Et voici tout d’abord une présentation à la fois historique et géographique de Sabratha. Elle est la plus occidentale des cités de Tripolitaine. Le nom de Tripolitaine a été donné à cette région de la Libye par les Grecs ; il désignait l’ensemble des 3 villes, polis en grec, Sabratha, Oéa, le nom antique de Tripoli et Leptis Magna. Pourtant, les Grecs n’ont jamais vécu ici.
Son histoire remonte au 9ème siècle avant notre ère. A cette époque, la ville n’est qu’une halte sur la route empruntée par les Phéniciens, venus de Tyr ou de Sidon pour se rendre à Carthage. Les marins tiraient leurs navires sur la grève et se mettaient à l’abri. Lorsque Carthage, fondée par ces mêmes Phéniciens en 814 avant notre ère, devient cette grande métropole aux 6ème-5ème siècles avant notre ère, Sabratha fait partie des comptoirs commerciaux que développèrent les puniques. Pour désigner la civilisation, la religion, l’art des 5ème au 2ème siècle avant notre ère en Tripolitaine, on emploie le toujours terme punique. Alors d’où vient-il ? Le mot punique vient du latin punicus, qui désigne la couleur rouge pourpre. Cette couleur, qui était celle de la toge impériale, était obtenue par le murex, un coquillage duquel elle était extraite. Or cette industrie de la pourpre était développée en Phénicie au Liban actuel donc-, région d’origine de ceux qui fondèrent Carthage. Et c’est pour cela que tout ce qui était lié aux carthaginois était nommé Punique. Une légende raconte qu’Héraclès lui-même est à l’origine de la découverte du Murex. Cette légende, la voici : Héraclès se promène sur une plage en compagnie de son chien. Il fait ce que font tous les maîtres de ces animaux : il le fait courir. Pour cela, il lui lance des cailloux que le chien doit rapporter. Soudain, l’animal revient les babines écumantes teintées de rouge. Héraclès découvre alors dans la gueule de son chien un coquillage que ce dernier a broyé. Ce coquillage, vous l’avez deviné est un murex. La naissance de la pourpre avait eu lieu ! Un colorant à valeur très élevée : 1 gramme de pourpre valait 15 grammes d’or.
Mais revenons à l’époque punique de la cité. Le comptoir devient une ville qui conserve son caractère commercial. Elle est en effet un des points d’aboutissement des voies de caravanes qui arrivent du désert, dont les denrées sont ensuite acheminées par voie maritime vers d’autres lieux.

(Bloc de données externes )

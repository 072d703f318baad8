-- ===== src/Arrival.antt =====
-- services/arrival-service/app/core/dedup.py: signals of arrival that come twice. `Dedup` has the class,
-- `Window` its theorem.
pub mod Dedup
pub mod Window
mod Examples
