-- ===== src/Arrival/Dedup.antt =====
-- `ArrivalDeduplicator` of services/arrival-service/app/core/dedup.py. The Redis server and the digest
-- are parameters. A time is in whole seconds, the server's and the one that a signal claims.
use hot_sot.Base.{ℕ, ◌+◌, ◌/◌, ◌≡◌, Bool, true, false, ◌&&◌, ltb, ◌==◌, if◌then◌else◌}

-- A key: its tenant, and the digest or the idempotency key.
pub record Key : Type 0 where
  pub tenant : ℕ
  pub text : ℕ

abbrev pub same_key : Key → Key → Bool
same_key k j = k.tenant == j.tenant && k.text == j.text

-- A Redis server by its states. A key is there until its expiry, 0 where it was never set.
pub record Redis (S : Type 0) : Type 0 where
  pub exists : S → Key → ℕ → Bool
  pub setex : S → Key → ℕ → ℕ → S
  pub expiry : S → Key → ℕ
  pub exists_until : (s : S) (k : Key) (now : ℕ) → exists s k now ≡ ltb now (expiry s k)
  pub expiry-setex :
      (s : S) (k j : Key) (now seconds : ℕ)
      → expiry (setex s k now seconds) j ≡ (if same_key j k then now + seconds else expiry s j)

pub record Signal : Type 0 where
  pub user_id : ℕ
  pub order_id : ℕ
  pub timestamp : ℕ
  pub tenant_id : ℕ

-- What happens to the commands of a call: no client, all answered, the first or the second raises.
pub data Link : Type 0 where
  no_client up refuses breaks : Link

module _ {S : Type 0} (redis : Redis S) (digest : ℕ → ℕ → ℕ → ℕ) where
  -- `arrival_dedup:{tenant_id}:{dedup_key}`, by the 30 seconds of the signal.
  abbrev pub redis_key : Signal → Key
  redis_key e = record {
    tenant = e.tenant_id;
    text = digest e.user_id e.order_id (e.timestamp / 30);
  }

  -- After `exists` has answered.
  abbrev pub marked : Bool → Key → ℕ → Link → S → S × Bool
  marked true k now link s = (s, true)
  marked false k now up s = (redis.setex s k now 60, false)
  marked false k now no_client s = (s, true)
  marked false k now refuses s = (s, true)
  marked false k now breaks s = (s, true)

  -- `is_duplicate` at a time of the server: what is not known counts as a duplicate.
  unfoldable pub is_duplicate : Signal → ℕ → Link → S → S × Bool
  is_duplicate e now no_client s = (s, true)
  is_duplicate e now refuses s = (s, true)
  is_duplicate e now up s = marked (redis.exists s (redis_key e) now) (redis_key e) now up s
  is_duplicate e now breaks s = marked (redis.exists s (redis_key e) now) (redis_key e) now breaks s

En 46 avant notre ère, soit un siècle après la destruction de Carthage, elle tombe sous la coupe des romains. La ville s’étend, adopte l’urbanisme, la langue, les coutumes de ses nouveaux occupants. A l’époque romaine, sabratha fera sa fortune sur le commerce des bêtes fauves destinées aux jeux de l’amphithéâtre et expédiés de son port vers les grands centres de l’empire de Rome. Le christianisme se développe au 3e siècle après notre ère. Puis elle amorce sa phase de retrait, due à un terrible tremblement de terre en 363 ; elle fait ensuite partie de l’espace de reconquête des Byzantins au 6e siècle, puis de celle des Arabes au début du 7e. Sabratha ne s’éteindra définitivement qu’après l’occupation arabe et le transfert du commerce à Tripoli au milieu du 8e siècle. Sa restauration a été amorcée par les italiens, dans les années 1920-1930. Les travaux ont révélé un site de moyenne importance, géographiquement parlant, mais très intéressant du point de vie archéologique. Sabratha n’a jamais atteint l’étendue de leptis magna. En effet, on estime que sa population, au moment de sa splendeur, devait atteindre 30 000 personnes, soit moins du tiers de la population de Leptis Magna, évaluée à 100 000.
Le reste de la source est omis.